Marital difficulties turn murderous in Pronzini’s suspenseful departure from the estimable Nameless Detective series (Schemers, 2009, etc.).
Jay Macklin loves his wife, knows she’s fallen out of love with him and doesn’t blame her. It’s in the hope that his marriage can be saved that he decides on a getaway that will allow them to rediscover and rekindle their love. Just the two of them—alone and undistracted, between Christmas and New Year’s, in a remote vacation house somewhere on the Northern California coastline—reassessing how good they once had it.

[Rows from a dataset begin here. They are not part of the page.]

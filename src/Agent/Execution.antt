-- ===== src/Agent/Execution.antt =====
-- `ToolExecutor.execute_tool_call` of app/services/agent_runtime_service.py: the guards, the
-- phases of the effect, and the handlers of what fails. Arguments are what the backend answers, when
-- it commits and rolls back the session, which it shares with the executor, and the event types that
-- the event store fails to write.
pub mod Guards
pub mod Effects
pub mod Succeeds
use test_platform_backend.Prelude.{
  ℕ, zero, suc, String, Bool, true, false, ◌&&◌, not, Option, none, some, List, [], ◌∷◌, is_some,
}
use mathlib.Core.Option
use test_platform_backend.Session.{
  ErrorCode, HttpStatus, HttpException, Result, ok, err, http, forbidden, conflict, server_error,
  Session, Exec, branch, case_some, commit, rollback, modify, pure, raise, catch, gets, ◌>>=◌, ◌>>◌,
  approval_required_before_execution, permission_revoked_before_execution,
  backend_capability_too_weak, tool_execution_failed, eventstore_write_failed_after_effect,
  event_outbox_write_failed,
}
use test_platform_backend.Permission.{User, Access}
use test_platform_backend.Agent.Model.{
  AgentToolCall, AgentApproval, AgentContextBuild, AgentWorkerQueue, CallStatus, Capability,
  EffectState, EventType, Phase, Recovery, SideEffect, is_safe,
}
use test_platform_backend.Agent.Events.{Journal, append_event}
use test_platform_backend.Agent.Policy.{
  ensure_approval_allows_execution, ensure_context_allows_execution, require_permissions,
  then_check,
}
use test_platform_backend.Agent.Queue.{mark_completed, mark_failed}

-- The rows that an execution works on: the run with its events, the call, and its queue item.
pub record Bench : Type 0 where
  pub journal : Journal
  pub call : AgentToolCall
  pub item : Option AgentWorkerQueue

-- What the backend does to the session, which is the executor's own (`backend_factory(self.db)`).
pub data Touch : Type 0 where
  commits rolls_back : Touch

-- What the backend answers: it returns an output, or raises an exception with this text.
pub data Backend : Type 0 where
  returned : String → Backend
  threw : String → Backend

-- What an execution is given: the rows that the policy's queries find, the user, and what its
-- environment does. `fingerprint` and `mask` are `request_fingerprint` and `mask_sensitive`.
pub record Setting : Type 0 where
  pub user : User
  pub access : Access
  pub build : Option AgentContextBuild
  pub approval : Option AgentApproval
  pub touches : List Touch
  pub backend : Backend
  pub fails : EventType → Bool
  pub fingerprint : String → ℕ
  pub mask : String → String
  pub now : ℕ

abbrev pub update_call : (AgentToolCall → AgentToolCall) → Bench → Bench
update_call f b = record b { call = f b.call }

abbrev pub update_item : (AgentWorkerQueue → AgentWorkerQueue) → Bench → Bench
update_item f b = record b { item = Option.map f b.item }

abbrev pub log_row : EventType → Option ErrorCode → Bench → Bench
log_row kind code b = record b {
  journal = append_event b.journal kind (some b.call.tool_call_id) code;
}

-- `append_event`: when the event store fails, the session is rolled back and 500 raised.
unfoldable pub write_event : (EventType → Bool) → EventType → Option ErrorCode → Exec Bench Unit
write_event fails kind code =
    branch (fails kind) (do rollback; raise (http server_error (some event_outbox_write_failed)))
      (modify (log_row kind code))

-- The three guards in the order of the `try` block.
unfoldable pub guards : Setting → AgentToolCall → Result Unit
guards s c = then_check (ensure_context_allows_execution c s.build) (
    then_check (ensure_approval_allows_execution c s.approval)
      (require_permissions s.user s.access c.required_permissions))

-- A refusal before the effect: the call's status and error, a `tool.failed` event, the queue item
-- failed, and a commit.
unfoldable pub refuse : Setting → CallStatus → ErrorCode → Option String → Exec Bench Unit
unfolding write_event
refuse s status code message = do
  modify (
      update_call
        (λ c. record c { status = status; error_code = some code; error_message = message }))
  write_event s.fails EventType.tool_failed (some code)
  modify (update_item (mark_failed code))
  commit

abbrev code_or : Option ErrorCode → ErrorCode → ErrorCode
code_or none d = d
code_or (some c) d = c

-- The `except HTTPException` clause of the guards; other statuses are raised again.
unfoldable pub on_guard_error : Setting → HttpStatus → Option ErrorCode → Exec Bench Unit
on_guard_error s forbidden code =
    refuse s CallStatus.failed permission_revoked_before_execution
      (some "Execute-time permission check failed")
on_guard_error s conflict code =
    refuse s CallStatus.manual_intervention (code_or code approval_required_before_execution)
      (some "Approval guard blocked execution")
on_guard_error s status code = raise (http status code)

-- `backend_effect_capability is None and side_effect not in SAFE_SIDE_EFFECT_CLASSES`
abbrev pub too_weak : AgentToolCall → Bool
too_weak c = not (is_some c.backend_effect_capability) && not (is_safe c.side_effect)

unfoldable pub announce : Setting → Exec Bench Unit
unfolding write_event
announce s = do
  modify (
      update_call (λ c. record c {
        status = CallStatus.running_pre_effect;
        execution_phase = some Phase.pre_effect;
      }))
  write_event s.fails EventType.tool_running none
  modify (
      update_call (λ c. record c {
        effect_submission_state = EffectState.send_intent_recorded;
        send_intent_at = some s.now;
      }))
  write_event s.fails EventType.tool_send_intent_recorded none
  modify (
      update_call (λ c. record c {
        effect_submission_state = EffectState.transport_sent_observed;
        observed_sent_at = some s.now;
      }))
  write_event s.fails EventType.tool_transport_sent_observed none

abbrev pub touch : Touch → Exec Bench Unit
touch commits = commit
touch rolls_back = rollback

unfoldable pub touch_all : List Touch → Exec Bench Unit
touch_all [] = pure tt
touch_all (t ∷ ts) = do touch t; touch_all ts

-- How the backend call ends. Its exception has no HTTP status of its own.
abbrev pub backend_answer : Backend → Exec Bench String
backend_answer (returned output) = pure output
backend_answer (threw text) = raise (http server_error none)

-- The backend call: other rows that it writes are not those of a bench.
abbrev pub call_backend : Setting → Exec Bench String
call_backend s = do touch_all s.touches; backend_answer s.backend

abbrev pub is_receipt_first : Option Capability → Bool
is_receipt_first (some Capability.receipt_first) = true
is_receipt_first _ = false

unfoldable pub accept : Setting → Exec Bench Unit
unfolding write_event
accept s = do
  b ← gets (λ b. b)
  branch (is_receipt_first b.call.backend_effect_capability)
      (do
        modify (
            update_call (λ c. record c {
              effect_submission_state = EffectState.backend_accepted;
              acceptance_id = some c.idempotency_key;
              acceptance_at = some s.now;
            }))
        write_event s.fails EventType.tool_backend_accepted none)
      (pure tt)

-- `side_effect not in {"read_only", "deterministic_compute"}`
abbrev pub crosses_boundary : SideEffect → Bool
crosses_boundary SideEffect.read_only = false
crosses_boundary SideEffect.deterministic_compute = false
crosses_boundary _ = true

abbrev pub committed_call : Setting → String → AgentToolCall → AgentToolCall
committed_call s output c = record c {
  effect_submission_state = EffectState.effect_committed;
  effect_boundary_crossed = crosses_boundary c.side_effect;
  output = some (s.mask output);
  output_hash = some (s.fingerprint output);
  status = CallStatus.succeeded;
  execution_phase = some Phase.completed;
}

abbrev first_characters : ℕ → String → String
first_characters zero text = ""
first_characters (suc n) String.[] = ""
first_characters (suc n) (String.◌∷◌ c text) = String.◌∷◌ c (first_characters n text)

-- `text[:512]`
unfoldable pub truncated : String → String
truncated text = first_characters 512 text

-- `_mark_eventstore_write_failed_after_effect`
unfoldable pub mark_eventstore_write_failed_after_effect : String → Exec Bench Unit
mark_eventstore_write_failed_after_effect text = do
  modify (
      update_call (λ c. record c {
        status = CallStatus.uncertain;
        execution_phase = some Phase.completed;
        error_code = some eventstore_write_failed_after_effect;
        error_message = some (truncated text);
        recovery_decision = some Recovery.reconcile_required_after_eventstore_failure;
      }))
  modify (update_item (mark_failed eventstore_write_failed_after_effect))
  commit

-- The text of an exception, `str(exc)`: that of `append_event` has a code.
abbrev pub text_of : Option ErrorCode → Backend → String
text_of (some _) b = "500: {'code': 'event_outbox_write_failed'}"
text_of none (returned _) = ""
text_of none (threw text) = text

-- The last events of an execution; the answer says whether they were written.
unfoldable pub confirm : Setting → Exec Bench Bool
unfolding write_event mark_eventstore_write_failed_after_effect
confirm s =
    catch
      (do
        write_event s.fails EventType.tool_effect_committed none
        write_event s.fails EventType.tool_completed none
        pure true)
      (λ e. do mark_eventstore_write_failed_after_effect (text_of e.code s.backend); pure false)

-- The body of the second `try`.
unfoldable pub run_effect : Setting → Exec Bench Unit
run_effect s = do
  announce s
  output ← call_backend s
  accept s
  modify (update_call (committed_call s output))
  written ← confirm s
  branch written (do modify (update_item mark_completed); commit) (pure tt)

-- Its `except Exception` clause.
unfoldable pub on_effect_error : Setting → Option ErrorCode → Exec Bench Unit
on_effect_error s code =
    refuse s CallStatus.failed tool_execution_failed (some (truncated (text_of code s.backend)))

abbrev pub guarded : Setting → Result Unit → Exec Bench Unit
guarded s (err e) = on_guard_error s e.status_code e.code
guarded s (ok _) = do
  b ← gets (λ b. b)
  branch (too_weak b.call)
      (refuse s CallStatus.manual_intervention backend_capability_too_weak b.call.error_message)
      (catch (run_effect s) (λ e. on_effect_error s e.code))

unfoldable pub execute_tool_call : Setting → Exec Bench Unit
execute_tool_call s = do b ← gets (λ b. b); guarded s (guards s b.call)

That turns out to be a frail hope indeed. Not only does therapeutic isolation morph into self-imprisonment, but the Macklins’ only neighbors are anything but neighborly. Brian Lomax routinely beats and terrorizes his wife. The Lomax houseguests, Paula and Gene Decker, drink too much and snipe at each other as if Edward Albee had invented them. Further darkening the atmosphere is the lurking menace of a sociopath run amok, a preservationist transmogrified by his sense of mission into a five-time (at least) serial murderer the media have dubbed the Coastline Killer. It’s just as cold and bleak inside the vacation house as outside—a dire prologue to a sudden, furious storm that ratchets up the violence while bringing emotions to a boil.
Taut, spare and seamlessly plotted. The real accomplishment, however, is the villain of the piece, portrayed sympathetically but without sentimentality.